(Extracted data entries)
──────────────────────────────
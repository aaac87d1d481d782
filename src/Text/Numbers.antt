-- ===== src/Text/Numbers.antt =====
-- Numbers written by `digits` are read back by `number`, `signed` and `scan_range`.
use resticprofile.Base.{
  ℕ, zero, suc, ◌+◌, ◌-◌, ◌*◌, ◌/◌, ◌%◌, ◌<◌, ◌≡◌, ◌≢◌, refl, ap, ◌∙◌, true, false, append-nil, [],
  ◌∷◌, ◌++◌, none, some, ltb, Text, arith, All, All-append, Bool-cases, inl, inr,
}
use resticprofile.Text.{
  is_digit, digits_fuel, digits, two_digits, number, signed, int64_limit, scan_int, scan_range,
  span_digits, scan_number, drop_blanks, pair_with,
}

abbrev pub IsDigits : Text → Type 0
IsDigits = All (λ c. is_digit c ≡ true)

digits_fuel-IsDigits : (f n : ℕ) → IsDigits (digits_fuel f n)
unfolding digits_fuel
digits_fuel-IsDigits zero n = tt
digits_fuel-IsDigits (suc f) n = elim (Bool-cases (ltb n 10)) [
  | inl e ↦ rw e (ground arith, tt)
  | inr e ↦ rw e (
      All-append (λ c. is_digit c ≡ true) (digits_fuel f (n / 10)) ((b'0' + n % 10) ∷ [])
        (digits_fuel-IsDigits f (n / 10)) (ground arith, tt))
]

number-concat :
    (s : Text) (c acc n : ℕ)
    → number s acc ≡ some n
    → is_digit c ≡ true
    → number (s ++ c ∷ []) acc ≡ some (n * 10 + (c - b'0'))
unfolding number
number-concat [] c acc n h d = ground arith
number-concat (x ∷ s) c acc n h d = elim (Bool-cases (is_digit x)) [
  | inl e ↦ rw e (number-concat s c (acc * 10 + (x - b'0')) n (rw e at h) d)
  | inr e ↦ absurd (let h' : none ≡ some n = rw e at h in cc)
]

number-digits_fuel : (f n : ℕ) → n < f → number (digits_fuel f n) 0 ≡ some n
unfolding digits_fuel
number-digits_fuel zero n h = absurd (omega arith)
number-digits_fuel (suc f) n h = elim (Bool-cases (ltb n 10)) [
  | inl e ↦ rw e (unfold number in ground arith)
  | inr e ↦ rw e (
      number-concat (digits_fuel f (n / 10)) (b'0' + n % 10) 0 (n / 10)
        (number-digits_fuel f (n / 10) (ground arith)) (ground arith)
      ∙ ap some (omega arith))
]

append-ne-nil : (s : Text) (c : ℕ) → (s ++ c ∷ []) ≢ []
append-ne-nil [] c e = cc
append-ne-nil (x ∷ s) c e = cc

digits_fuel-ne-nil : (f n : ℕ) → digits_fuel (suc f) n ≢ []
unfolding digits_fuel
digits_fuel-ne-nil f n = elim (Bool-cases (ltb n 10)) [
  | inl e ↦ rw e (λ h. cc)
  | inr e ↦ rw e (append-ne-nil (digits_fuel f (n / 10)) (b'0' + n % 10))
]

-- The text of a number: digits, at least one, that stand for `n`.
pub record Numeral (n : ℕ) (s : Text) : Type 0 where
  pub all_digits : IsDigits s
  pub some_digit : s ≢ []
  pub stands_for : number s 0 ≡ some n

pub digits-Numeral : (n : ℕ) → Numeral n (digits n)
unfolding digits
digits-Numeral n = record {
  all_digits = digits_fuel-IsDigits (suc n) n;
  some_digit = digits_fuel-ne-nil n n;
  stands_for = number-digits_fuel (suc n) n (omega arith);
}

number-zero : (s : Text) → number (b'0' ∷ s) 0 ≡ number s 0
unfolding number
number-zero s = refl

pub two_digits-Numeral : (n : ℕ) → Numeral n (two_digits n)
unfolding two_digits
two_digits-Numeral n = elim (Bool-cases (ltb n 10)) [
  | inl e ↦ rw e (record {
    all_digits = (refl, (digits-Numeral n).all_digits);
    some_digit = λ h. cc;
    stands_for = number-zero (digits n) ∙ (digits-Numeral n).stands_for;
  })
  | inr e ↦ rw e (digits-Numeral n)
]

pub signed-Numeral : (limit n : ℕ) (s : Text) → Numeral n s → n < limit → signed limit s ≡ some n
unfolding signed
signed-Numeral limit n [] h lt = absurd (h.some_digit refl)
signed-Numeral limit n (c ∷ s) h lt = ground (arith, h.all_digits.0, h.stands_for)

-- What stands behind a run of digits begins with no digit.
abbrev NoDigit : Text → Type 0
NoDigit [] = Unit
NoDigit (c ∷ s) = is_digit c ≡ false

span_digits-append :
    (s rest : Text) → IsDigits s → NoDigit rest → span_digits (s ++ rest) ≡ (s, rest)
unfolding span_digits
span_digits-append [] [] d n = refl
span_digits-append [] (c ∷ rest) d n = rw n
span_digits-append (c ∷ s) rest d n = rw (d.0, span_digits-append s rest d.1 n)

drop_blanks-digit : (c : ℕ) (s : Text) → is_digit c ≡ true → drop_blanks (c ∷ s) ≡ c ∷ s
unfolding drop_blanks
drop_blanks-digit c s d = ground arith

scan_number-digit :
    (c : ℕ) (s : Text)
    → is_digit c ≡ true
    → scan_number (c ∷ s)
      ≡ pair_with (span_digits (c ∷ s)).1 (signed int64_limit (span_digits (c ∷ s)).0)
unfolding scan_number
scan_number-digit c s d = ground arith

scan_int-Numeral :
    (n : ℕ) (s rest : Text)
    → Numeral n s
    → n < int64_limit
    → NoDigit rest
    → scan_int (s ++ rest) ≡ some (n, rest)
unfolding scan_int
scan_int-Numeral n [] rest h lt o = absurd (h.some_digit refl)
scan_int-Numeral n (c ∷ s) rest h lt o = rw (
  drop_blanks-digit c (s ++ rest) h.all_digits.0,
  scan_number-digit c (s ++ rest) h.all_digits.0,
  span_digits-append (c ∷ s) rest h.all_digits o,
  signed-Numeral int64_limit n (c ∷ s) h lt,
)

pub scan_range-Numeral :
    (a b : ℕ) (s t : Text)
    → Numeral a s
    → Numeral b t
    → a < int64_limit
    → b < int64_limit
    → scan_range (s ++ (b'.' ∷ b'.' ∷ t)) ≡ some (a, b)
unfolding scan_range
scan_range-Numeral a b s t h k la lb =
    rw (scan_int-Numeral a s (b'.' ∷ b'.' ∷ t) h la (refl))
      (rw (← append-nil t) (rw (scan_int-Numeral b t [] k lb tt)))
──────────────────────────────
EXERCISE BRIEF: Take the entries above and transcribe them exactly.

TASK OUTPUT:
repository aaac87d1d481d782
filename src/Text/Numbers.antt
-- ===== src/Text/Numbers.antt =====
-- Numbers written by `digits` are read back by `number`, `signed` and `scan_range`.
use resticprofile.Base.{
  ℕ, zero, suc, ◌+◌, ◌-◌, ◌*◌, ◌/◌, ◌%◌, ◌<◌, ◌≡◌, ◌≢◌, refl, ap, ◌∙◌, true, false, append-nil, [],
  ◌∷◌, ◌++◌, none, some, ltb, Text, arith, All, All-append, Bool-cases, inl, inr,
}
use resticprofile.Text.{
  is_digit, digits_fuel, digits, two_digits, number, signed, int64_limit, scan_int, scan_range,
  span_digits, scan_number, drop_blanks, pair_with,
}

abbrev pub IsDigits : Text → Type 0
IsDigits = All (λ c. is_digit c ≡ true)

digits_fuel-IsDigits : (f n : ℕ) → IsDigits (digits_fuel f n)
unfolding digits_fuel
digits_fuel-IsDigits zero n = tt
digits_fuel-IsDigits (suc f) n = elim (Bool-cases (ltb n 10)) [
  | inl e ↦ rw e (ground arith, tt)
  | inr e ↦ rw e (
      All-append (λ c. is_digit c ≡ true) (digits_fuel f (n / 10)) ((b'0' + n % 10) ∷ [])
        (digits_fuel-IsDigits f (n / 10)) (ground arith, tt))
]

number-concat :
    (s : Text) (c acc n : ℕ)
    → number s acc ≡ some n
    → is_digit c ≡ true
    → number (s ++ c ∷ []) acc ≡ some (n * 10 + (c - b'0'))
unfolding number
number-concat [] c acc n h d = ground arith
number-concat (x ∷ s) c acc n h d = elim (Bool-cases (is_digit x)) [
  | inl e ↦ rw e (number-concat s c (acc * 10 + (x - b'0')) n (rw e at h) d)
  | inr e ↦ absurd (let h' : none ≡ some n = rw e at h in cc)
]

number-digits_fuel : (f n : ℕ) → n < f → number (digits_fuel f n) 0 ≡ some n
unfolding digits_fuel
number-digits_fuel zero n h = absurd (omega arith)
number-digits_fuel (suc f) n h = elim (Bool-cases (ltb n 10)) [
  | inl e ↦ rw e (unfold number in ground arith)
  | inr e ↦ rw e (
      number-concat (digits_fuel f (n / 10)) (b'0' + n % 10) 0 (n / 10)
        (number-digits_fuel f (n / 10) (ground arith)) (ground arith)
      ∙ ap some (omega arith))
]

append-ne-nil : (s : Text) (c : ℕ) → (s ++ c ∷ []) ≢ []
append-ne-nil [] c e = cc
append-ne-nil (x ∷ s) c e = cc

digits_fuel-ne-nil : (f n : ℕ) → digits_fuel (suc f) n ≢ []
unfolding digits_fuel
digits_fuel-ne-nil f n = elim (Bool-cases (ltb n 10)) [
  | inl e ↦ rw e (λ h. cc)
  | inr e ↦ rw e (append-ne-nil (digits_fuel f (n / 10)) (b'0' + n % 10))
]

-- The text of a number: digits, at least one, that stand for `n`.
pub record Numeral (n : ℕ) (s : Text) : Type 0 where
  pub all_digits : IsDigits s
  pub some_digit : s ≢ []
  pub stands_for : number s 0 ≡ some n

pub digits-Numeral : (n : ℕ) → Numeral n (digits n)
unfolding digits
digits-Numeral n = record {
  all_digits = digits_fuel-IsDigits (suc n) n;
  some_digit = digits_fuel-ne-nil n n;
  stands_for = number-digits_fuel (suc n) n (omega arith);
}

number-zero : (s : Text) → number (b'0' ∷ s) 0 ≡ number s 0
unfolding number
number-zero s = refl

pub two_digits-Numeral : (n : ℕ) → Numeral n (two_digits n)
unfolding two_digits
two_digits-Numeral n = elim (Bool-cases (ltb n 10)) [
  | inl e ↦ rw e (record {
    all_digits = (refl, (digits-Numeral n).all_digits);
    some_digit = λ h. cc;
    stands_for = number-zero (digits n) ∙ (digits-Numeral n).stands_for;
  })
  | inr e ↦ rw e (digits-Numeral n)
]

pub signed-Numeral : (limit n : ℕ) (s : Text) → Numeral n s → n < limit → signed limit s ≡ some n
unfolding signed
signed-Numeral limit n [] h lt = absurd (h.some_digit refl)
signed-Numeral limit n (c ∷ s) h lt = ground (arith, h.all_digits.0, h.stands_for)

-- What stands behind a run of digits begins with no digit.
abbrev NoDigit : Text → Type 0
NoDigit [] = Unit
NoDigit (c ∷ s) = is_digit c ≡ false

span_digits-append :
    (s rest : Text) → IsDigits s → NoDigit rest → span_digits (s ++ rest) ≡ (s, rest)
unfolding span_digits
span_digits-append [] [] d n = refl
span_digits-append [] (c ∷ rest) d n = rw n
span_digits-append (c ∷ s) rest d n = rw (d.0, span_digits-append s rest d.1 n)

drop_blanks-digit : (c : ℕ) (s : Text) → is_digit c ≡ true → drop_blanks (c ∷ s) ≡ c ∷ s
unfolding drop_blanks
drop_blanks-digit c s d = ground arith

scan_number-digit :
    (c : ℕ) (s : Text)
    → is_digit c ≡ true
    → scan_number (c ∷ s)
      ≡ pair_with (span_digits (c ∷ s)).1 (signed int64_limit (span_digits (c ∷ s)).0)
unfolding scan_number
scan_number-digit c s d = ground arith

scan_int-Numeral :
    (n : ℕ) (s rest : Text)
    → Numeral n s
    → n < int64_limit
    → NoDigit rest
    → scan_int (s ++ rest) ≡ some (n, rest)
unfolding scan_int
scan_int-Numeral n [] rest h lt o = absurd (h.some_digit refl)
scan_int-Numeral n (c ∷ s) rest h lt o = rw (
  drop_blanks-digit c (s ++ rest) h.all_digits.0,
  scan_number-digit c (s ++ rest) h.all_digits.0,
  span_digits-append (c ∷ s) rest h.all_digits o,
  signed-Numeral int64_limit n (c ∷ s) h lt,
)

pub scan_range-Numeral :
    (a b : ℕ) (s t : Text)
    → Numeral a s
    → Numeral b t
    → a < int64_limit
    → b < int64_limit
    → scan_range (s ++ (b'.' ∷ b'.' ∷ t)) ≡ some (a, b)
unfolding scan_range
scan_range-Numeral a b s t h k la lb =
    rw (scan_int-Numeral a s (b'.' ∷ b'.' ∷ t) h la (refl))
      (rw (← append-nil t) (rw (scan_int-Numeral b t [] k lb tt)))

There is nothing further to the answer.